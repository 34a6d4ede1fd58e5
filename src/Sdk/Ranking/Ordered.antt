-- ===== src/Sdk/Ranking/Ordered.antt =====
-- The order of `RankByLearning`, told by what is known of each source.
use mathlib.Core.List.{Perm}
use mathlib.Core.List.Perm
use relkit.Prelude.{ℕ, suc, ◌<◌, ◌≤◌, ◌≡◌, true, false, List, [], ◌∷◌, map, Str, In, ◌<ℤ◌}
use relkit.Sdk.State.{UpdateState}
use relkit.Sdk.Ranking.{Ranked, is_last, speed, failures_of}

-- Why one source may stand before another: it alone had the last success; or neither or both had,
-- and it was faster; or it was as fast, and failed less often; or all is the same, and it stood
-- before the other.
pub data MayPrecede {ℓ} {A : Type ℓ} (s : UpdateState) (a b : Ranked A) : Type ℓ where
  last_success : is_last s a.key ≡ true → is_last s b.key ≡ false → MayPrecede s a b
  faster : is_last s a.key ≡ is_last s b.key → speed s b.key <ℤ speed s a.key → MayPrecede s a b
  fewer_failures :
      is_last s a.key ≡ is_last s b.key
      → speed s a.key ≡ speed s b.key
      → failures_of s a.key < failures_of s b.key
      → MayPrecede s a b
  stood_before :
      is_last s a.key ≡ is_last s b.key
      → speed s a.key ≡ speed s b.key
      → failures_of s a.key ≡ failures_of s b.key
      → a.index ≤ b.index
      → MayPrecede s a b

-- The sources with their keys and their places in the list, counted from a number.
pub data Numbered {ℓ} {A : Type ℓ} (key_of : A → Str) : ℕ → List A → List (Ranked A) → Type ℓ where
  no_more : {i : ℕ} → Numbered key_of i [] []
  one_more :
      {i : ℕ} {x : A} {xs : List A} {rs : List (Ranked A)}
      → Numbered key_of (suc i) xs rs
      → Numbered key_of i (x ∷ xs) (record { index = i; key = key_of x; item = x } ∷ rs)

module _ {ℓ} {A : Type ℓ} (s : UpdateState) where
  abbrev pub IsOrdered : List (Ranked A) → Type ℓ
  IsOrdered [] = Unit
  IsOrdered (a ∷ rest) = ((b : Ranked A) → In b rest → MayPrecede s a b) × IsOrdered rest

  pub record IsRanking (key_of : A → Str) (xs result : List A) : Type ℓ where
    pub ranked : List (Ranked A)
    pub items : map (λ r. r.item) ranked ≡ result
    pub sources : List (Ranked A)
    pub numbered : Numbered key_of 0 xs sources
    pub all_there : Perm ranked sources
    pub ordered : IsOrdered ranked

——————————

Work instructions:
Reproduce the material word for word. Leave nothing out.

Written answer:
repository 34a6d4ede1fd58e5
filename src/Sdk/Ranking/Ordered.antt
-- ===== src/Sdk/Ranking/Ordered.antt =====
-- The order of `RankByLearning`, told by what is known of each source.
use mathlib.Core.List.{Perm}
use mathlib.Core.List.Perm
use relkit.Prelude.{ℕ, suc, ◌<◌, ◌≤◌, ◌≡◌, true, false, List, [], ◌∷◌, map, Str, In, ◌<ℤ◌}
use relkit.Sdk.State.{UpdateState}
use relkit.Sdk.Ranking.{Ranked, is_last, speed, failures_of}

-- Why one source may stand before another: it alone had the last success; or neither or both had,
-- and it was faster; or it was as fast, and failed less often; or all is the same, and it stood
-- before the other.
pub data MayPrecede {ℓ} {A : Type ℓ} (s : UpdateState) (a b : Ranked A) : Type ℓ where
  last_success : is_last s a.key ≡ true → is_last s b.key ≡ false → MayPrecede s a b
  faster : is_last s a.key ≡ is_last s b.key → speed s b.key <ℤ speed s a.key → MayPrecede s a b
  fewer_failures :
      is_last s a.key ≡ is_last s b.key
      → speed s a.key ≡ speed s b.key
      → failures_of s a.key < failures_of s b.key
      → MayPrecede s a b
  stood_before :
      is_last s a.key ≡ is_last s b.key
      → speed s a.key ≡ speed s b.key
      → failures_of s a.key ≡ failures_of s b.key
      → a.index ≤ b.index
      → MayPrecede s a b

-- The sources with their keys and their places in the list, counted from a number.
pub data Numbered {ℓ} {A : Type ℓ} (key_of : A → Str) : ℕ → List A → List (Ranked A) → Type ℓ where
  no_more : {i : ℕ} → Numbered key_of i [] []
  one_more :
      {i : ℕ} {x : A} {xs : List A} {rs : List (Ranked A)}
      → Numbered key_of (suc i) xs rs
      → Numbered key_of i (x ∷ xs) (record { index = i; key = key_of x; item = x } ∷ rs)

module _ {ℓ} {A : Type ℓ} (s : UpdateState) where
  abbrev pub IsOrdered : List (Ranked A) → Type ℓ
  IsOrdered [] = Unit
  IsOrdered (a ∷ rest) = ((b : Ranked A) → In b rest → MayPrecede s a b) × IsOrdered rest

  pub record IsRanking (key_of : A → Str) (xs result : List A) : Type ℓ where
    pub ranked : List (Ranked A)
    pub items : map (λ r. r.item) ranked ≡ result
    pub sources : List (Ranked A)
    pub numbered : Numbered key_of 0 xs sources
    pub all_there : Perm ranked sources
    pub ordered : IsOrdered ranked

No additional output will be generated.